Today, Vietnam is a reasonably prosperous land with friendly
relations with its former enemy, the United States. After Vietnam, no
other "dominos" fell and there was no bloodbath in that country. Of
course, it could have been different -- and elsewhere, sometimes, it has
been. But even when local skies darken, the world doesn't end.
And here's the truth of the matter: the world won't end, not in Iraq,
not in Afghanistan, not in the United States, if we end our wars and
withdraw. The sky won't fall, even if the U.S. gets out reasonably
quickly, even if subsequently blood is spilled and things don't go well
in either country.
We got our troops there remarkably quickly.
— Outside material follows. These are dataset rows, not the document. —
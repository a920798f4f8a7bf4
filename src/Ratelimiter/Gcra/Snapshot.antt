-- ===== src/Ratelimiter/Gcra/Snapshot.antt =====
-- Quotas against the parameters that the decision works with, and the snapshot of a refusal.
use v_exchanges.Prelude.{
  ℕ, ◌+◌, ◌*◌, ◌/◌, ◌%◌, ◌≤◌, ◌<◌, ◌≡◌, some, u64_mod, u64_max, u32_max, arith,
}
use v_exchanges.Ratelimiter.Nanos.{Nanos}
use v_exchanges.Ratelimiter.Quota
use v_exchanges.Ratelimiter.Quota.{Quota}
use v_exchanges.Ratelimiter.Gcra.{Gcra, new, quota, remaining_burst_capacity}
use v_exchanges.Ratelimiter.Gcra.Decision.{refusal}

mul_div_left : (t b : ℕ) → 0 < t → (t * b) / t ≡ b
mul_div_left t b h = grind arith

-- A quota whose burst is positive and whose whole burst takes at most u64::MAX nanoseconds gives
-- parameters, and the quota read back from them is the quota.
pub quota-new :
    (q : Quota) (start earliest : Nanos)
    → 0 < q.replenish_1_per
    → 0 < q.max_burst
    → q.max_burst ≤ u32_max
    → q.replenish_1_per * q.max_burst ≤ u64_max
    → (g : Gcra) × (new q ≡ some g) × (quota (refusal g start earliest).state ≡ some q)
unfolding new quota Quota.from_gcra_parameters
quota-new q start earliest pos some_burst small fits =
    let each : q.replenish_1_per ≤ u64_max = grind arith in
    (
      record { t = q.replenish_1_per; tau = q.replenish_1_per * q.max_burst },
      ground arith,
      ground (arith, mul_div_left q.replenish_1_per q.max_burst pos),
    )

-- The snapshot of a refusal reports the whole burst as what remains of it, and not zero.
pub refusal-remaining_burst_capacity :
    (g : Gcra) (start earliest : Nanos)
    → 0 < g.t
    → earliest + g.t + g.tau < u64_mod
    → remaining_burst_capacity (refusal g start earliest).state
      ≡ some ((g.tau / g.t) % 4_294_967_296)
unfolding remaining_burst_capacity
refusal-remaining_burst_capacity g start earliest pos fits = ground arith
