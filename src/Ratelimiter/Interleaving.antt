-- ===== src/Ratelimiter/Interleaving.antt =====
-- Several threads on one `InMemoryState` (v_exchanges_api_generics/src/ratelimiter/mod.rs): each
-- loads the cell, applies the GCRA decision, and stores by `compare_exchange_weak`. The interleaving
-- is a sequence of steps that the environment chooses; the log of grants is a ghost.
use v_exchanges.Prelude.{
  ℕ, ◌+◌, ◌*◌, ◌≤◌, ◌≡◌, ◌∙◌, List, [], ◌∷◌, ◌++◌, none, some, if◌then◌else◌, ◌==◌, arith,
}
use v_exchanges.Ratelimiter.Gcra.{Gcra}
use v_exchanges.Ratelimiter.Gcra.Decision.{IsSound}
use v_exchanges.Ratelimiter.Gcra.Replay.{
  Request, grant, replay, replay-cons, replay-grant, replay-nil, units, IsAllowed, AllAllowed,
  rate_bound,
}

-- A thread is outside of the loop, or has read `prev` on behalf of a request.
pub data Thread : Type 0 where
  idle : Thread
  measuring : Request → ℕ → Thread

pub record World : Type 0 where
  pub cell : ℕ
  pub threads : ℕ → Thread
  pub log : List Request

abbrev pub put : ℕ → Thread → (ℕ → Thread) → ℕ → Thread
put i th threads j = if i == j then th else threads j

pub data Step (g : Gcra) (w : World) : World → Type 0 where
  load :
      (i : ℕ) (r : Request)
      → w.threads i ≡ idle
      → Step g w (record w { threads = put i (measuring r w.cell) w.threads })
  store :
      (i : ℕ) (r : Request) (next : ℕ)
      → w.threads i ≡ measuring r w.cell
      → grant g r w.cell ≡ some next
      → Step g w (record w { cell = next; threads = put i idle w.threads; log = w.log ++ r ∷ [] })
  retry :
      (i : ℕ) (r : Request) (prev next : ℕ)
      → w.threads i ≡ measuring r prev
      → grant g r prev ≡ some next
      → Step g w (record w { threads = put i (measuring r w.cell) w.threads })
  refuse :
      (i : ℕ) (r : Request) (prev : ℕ)
      → w.threads i ≡ measuring r prev
      → grant g r prev ≡ none
      → Step g w (record w { threads = put i idle w.threads })

pub data Reach (g : Gcra) (w : World) : World → Type 0 where
  here : Reach g w w
  step : {u v : World} → Reach g w u → Step g u v → Reach g w v

abbrev pub initial : World
initial = record { cell = 0; threads = λ _. idle; log = [] }

pub replay-append :
    (g : Gcra) (log : List Request) (r : Request) (cell before after : ℕ)
    → replay g log cell ≡ some before
    → grant g r before ≡ some after
    → replay g (log ++ r ∷ []) cell ≡ some after
replay-append g [] r cell before after e f =
    let moved : before ≡ cell = ground (arith, replay-nil g cell) in
    replay-grant g r [] cell after (rw moved at f) ∙ replay-nil g after
replay-append g (x ∷ log) r cell before after e f =
    let (next, p, q) = replay-cons g x log cell before e in
    replay-grant g x (log ++ r ∷ []) cell next p ∙ replay-append g log r next before after q f

replay-split :
    (g : Gcra) (log : List Request) (r : Request) (cell last : ℕ)
    → replay g (log ++ r ∷ []) cell ≡ some last
    → (before : ℕ) × (replay g log cell ≡ some before) × (grant g r before ≡ some last)
replay-split g [] r cell last e =
    let (next, p, q) = replay-cons g r [] cell last e in
    (cell, replay-nil g cell, ground (arith, replay-nil g next))
replay-split g (x ∷ log) r cell last e =
    let (next, p, q) = replay-cons g x (log ++ r ∷ []) cell last e in
    let (before, a, b) = replay-split g log r next last q in
    (before, replay-grant g x log cell next p ∙ a, b)

Step-replay :
    {g : Gcra} {w u : World}
    → Step g w u
    → replay g w.log 0 ≡ some w.cell
    → replay g u.log 0 ≡ some u.cell
Step-replay (load i r h) e = e
Step-replay {g} {w} (store i r next h p) e = replay-append g w.log r 0 w.cell next e p
Step-replay (retry i r prev next h p) e = e
Step-replay (refuse i r prev h p) e = e

-- Every interleaving of the threads leaves the cell as the grants, made one by one in the order of
-- their stores, would leave it, each of them granted.
pub Reach-replay : {g : Gcra} {w : World} → Reach g initial w → replay g w.log 0 ≡ some w.cell
Reach-replay {g} here = replay-nil g 0
Reach-replay (step r s) = Step-replay s (Reach-replay r)

-- However the threads interleave, the weight of all grants but the last fits into the time from the
-- first to the last, plus one burst.
pub interleaved_rate :
    {g : Gcra} {w : World} (horizon : ℕ) (first : Request) (mid : List Request) (final : Request)
    → IsSound g horizon
    → AllAllowed g horizon (first ∷ mid)
    → IsAllowed g horizon final
    → w.log ≡ (first ∷ mid) ++ final ∷ []
    → Reach g initial w
    → first.0 + g.t * units (first ∷ mid) ≤ final.0 + g.tau
interleaved_rate {g} {w} horizon first mid final sound h k e r =
    let (before, a, b) = replay-split g (first ∷ mid) final 0 w.cell (rw e at (Reach-replay r)) in
    rate_bound g horizon sound first mid final 0 before w.cell h k a b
We're quite capable of
removing them at a similar pace. We could, that is, leave. There are,
undoubtedly, better and worse ways of doing this, ways that would
further penalize the societies we've invaded, and ways that might be of
some use to them, but either way we could go.
A Brief History of American Withdrawal
Of course, there's a small problem here. All evidence indicates that
Washington doesn't want to withdraw -- not really, not from either
region. It has no interest in divesting itself of the global
control-and-influence business, or of the military-power racket. That's
hardly surprising since we're talking about a great imperial power and
control (or at least imagined control) over the planet's strategic oil
lands.
And then there's another factor to consider: habit. Over the
decades, Washington has gotten used to staying. The U.S. has long been
big on arriving, but not much for departure. After all, 65 years later,
striking numbers of American forces are still garrisoning the two major
defeated nations of World War II, Germany and Japan. We still have
about three dozen military bases on the modest-sized Japanese island of Okinawa,
and are at this very moment fighting
tooth and nail, diplomatically speaking, not to be forced to
abandon one of them. The Korean War was suspended in an armistice 57
years ago and, again, striking numbers of American troops still garrison
South Korea.
Similarly, to skip a few decades, after the Serbian air campaign of
the late 1990s, the U.S. built-up the enormous Camp Bondsteel in
Kosovo with its seven-mile
perimeter, and we're still there. After Gulf War I, the U.S.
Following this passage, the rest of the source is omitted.